This is why there are optimization tools provided. Use them, instead of brute force search.
But really, this is a combinatorial problem, where you want to solve for combinations of variables that solve an underdetermined linear system of 5 equations in 8 unknowns. Is there a good reason you are doing this?
One idea might be to choose any 3 of those variables, fixing tham at some arbitrary set of values. Now use an INTEGER linear programming tool to find a solution to those 5 equations.
But first, you need to convert this to an integer problem, recognizing that as Walter said, you are doing this completely the wrong way. So multiply EVERYTHING by 1000. Now the variables are integers in the interval [0,1000].
Pick some integer values for aa2, aa3, aa4. Substitute them into the equations. Now you will be left with a set of Linear Diophantine equations in the remaining 5 variables. But intlinprog can handle exactly that problem, and do so efficiently. If a purely integer solution is found, it will be unique. Now continue with a new set of values for the first three variables.

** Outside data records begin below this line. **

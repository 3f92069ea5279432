-- ===== src/Http/Disclosure.antt =====
-- What the client learns in production of an error inside the service: the filter of exceptions,
-- after the chat and the provider that it asks.
use Prim.Native.String.{◌++◌ as append}
use pr_sentinel_backend.Base.{ℕ, String, ◌≡◌, refl, true, false, List, Option, none, some}
use pr_sentinel_backend.Errors.{
  Exception, http_exception, js_error, thrown_value, internal_server_error, Result, ok, err,
}
use pr_sentinel_backend.Prisma.{Prisma}
use pr_sentinel_backend.Schema.{PrFile, Review}
use pr_sentinel_backend.Database.{Db}
use pr_sentinel_backend.Redis.{RedisClient, Json}
use pr_sentinel_backend.Reviews.Generation.{LlmMessage, IncludedPullRequest, find_included}
use pr_sentinel_backend.Reviews.Retry.{find_review_for_user}
use pr_sentinel_backend.Reviews.Chat.{StoredConversation, turn, chat}
use pr_sentinel_backend.Llm.Config.{KeyAndModel}
use pr_sentinel_backend.Llm.Provider.{openrouter_chat, get_provider}
use pr_sentinel_backend.Llm.Service.{LlmSettings, resolve_key_and_model, llm_service}
use pr_sentinel_backend.Llm.Service.{chat as ask}
use pr_sentinel_backend.Http.{
  Thrown, http, error, value, one, object, nothing, extra_of, ApiErrorResponse, get_status,
  parse_exception, catch_exception,
}

-- An exception of the services as the filter gets it; an HttpException answers with its message and
-- the name that Nest has for its status.
abbrev pub thrown_of : (name_of : ℕ → Option String) → Exception → Thrown
thrown_of name_of (http_exception status message) =
    http status message (object (one message) (name_of status))
thrown_of name_of (js_error message) = error message
thrown_of name_of (thrown_value text) = value text

-- The error that a route answers with in production.
abbrev pub answered :
    {A : Type 0}
    → (ℕ → Option String)
    → (at : ℕ) → (path : String) → Result A
    → Option (ℕ × ApiErrorResponse)
answered name_of at path (ok a) = none
answered name_of at path (err e) = catch_exception true false at path (thrown_of name_of e)

module _ ⦃p : Prisma⦄ ⦃r : RedisClient⦄ (c : LlmSettings) (now : ℕ) where
  -- A failure of the provider is thrown on as an HttpException with its message.
  ask-fails :
      (user_id : ℕ) (k : KeyAndModel) (m : String) (messages : List LlmMessage) (db : Db)
      (s s' : r.Store)
      → resolve_key_and_model c now db user_id s ≡ (ok k, s')
      → c.complete k.api_key k.model messages ≡ err (js_error m)
      → ask c now db user_id messages s
        ≡ (err (internal_server_error (append "OpenRouter request failed: " m)), s')
  unfolding ask get_provider openrouter_chat
  ask-fails user_id k m messages db s s' resolved down =
      rw (resolved, ask) (rw (down, openrouter_chat) refl)

  module _ (json : Json StoredConversation) (by_filename : List PrFile → List PrFile)
      (name_of : ℕ → Option String) where
    -- The filter does not keep inner errors from the client: when the client of OpenRouter throws an
    -- error, for the key and the model that the service has found for the user, a chat about a
    -- review of that user is answered in production with the message of that error, though the
    -- filter answers `Internal server error` to the same error when it comes to it as it is.
    pub chat-discloses :
        (review_id user_id at : ℕ) (user_message fresh_id path m : String) (given : Option String)
        (review : Review) (i : IncludedPullRequest) (k : KeyAndModel) (db : Db)
        (store s s' : r.Store)
        → find_review_for_user review_id user_id db ≡ some review
        → find_included review.pull_request_id db ≡ some i
        → resolve_key_and_model c now db user_id s ≡ (ok k, s')
        → ((messages : List LlmMessage) → c.complete k.api_key k.model messages ≡ err (js_error m))
        → (answered name_of at path
              (chat json by_filename now
                (llm_service c now db)
                review_id
                user_id
                user_message
                given
                fresh_id
                db
                store
                s).0.0
            ≡ some (
              500,
              record {
                message = append "OpenRouter request failed: " m;
                status_code = 500;
                extra = extra_of (name_of 500);
                timestamp = at;
                path = path;
              },
            ))
          × (catch_exception true false at path (error m)
              ≡ some (
                500,
                record {
                  message = "Internal server error";
                  status_code = 500;
                  extra = nothing;
                  timestamp = at;
                  path = path;
                },
              ))
    unfolding chat turn catch_exception get_status parse_exception
    chat-discloses review_id user_id at user_message fresh_id path m given review i k db store s s'
          found there resolved down =
        (
          rw (found, chat)
              (rw there (rw (turn, ask-fails user_id k m _ db s s' resolved (down _)) refl)),
          refl,
        )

Essentially, this shows there will never be more than 1001^3 possible solutions, but likely far fewer than that, since much of the time intlinprog may not produce any solution at all. Of course, if you allowed the variables to be continuous, then there would likely be an infinite 5-manifold of solutions, embedded in the 8 dimensional search space of your problem set. But you have chosen to limit the set by quantizing the problem.
Even at that, I still debate why you are doing all of this, a huge computation to solve a rather trivial problem, when likely the entire reason you are doing this computation in a brute force form is one that would be better handled by a simple constrained optimization. But that is your problem to resolve, not mine.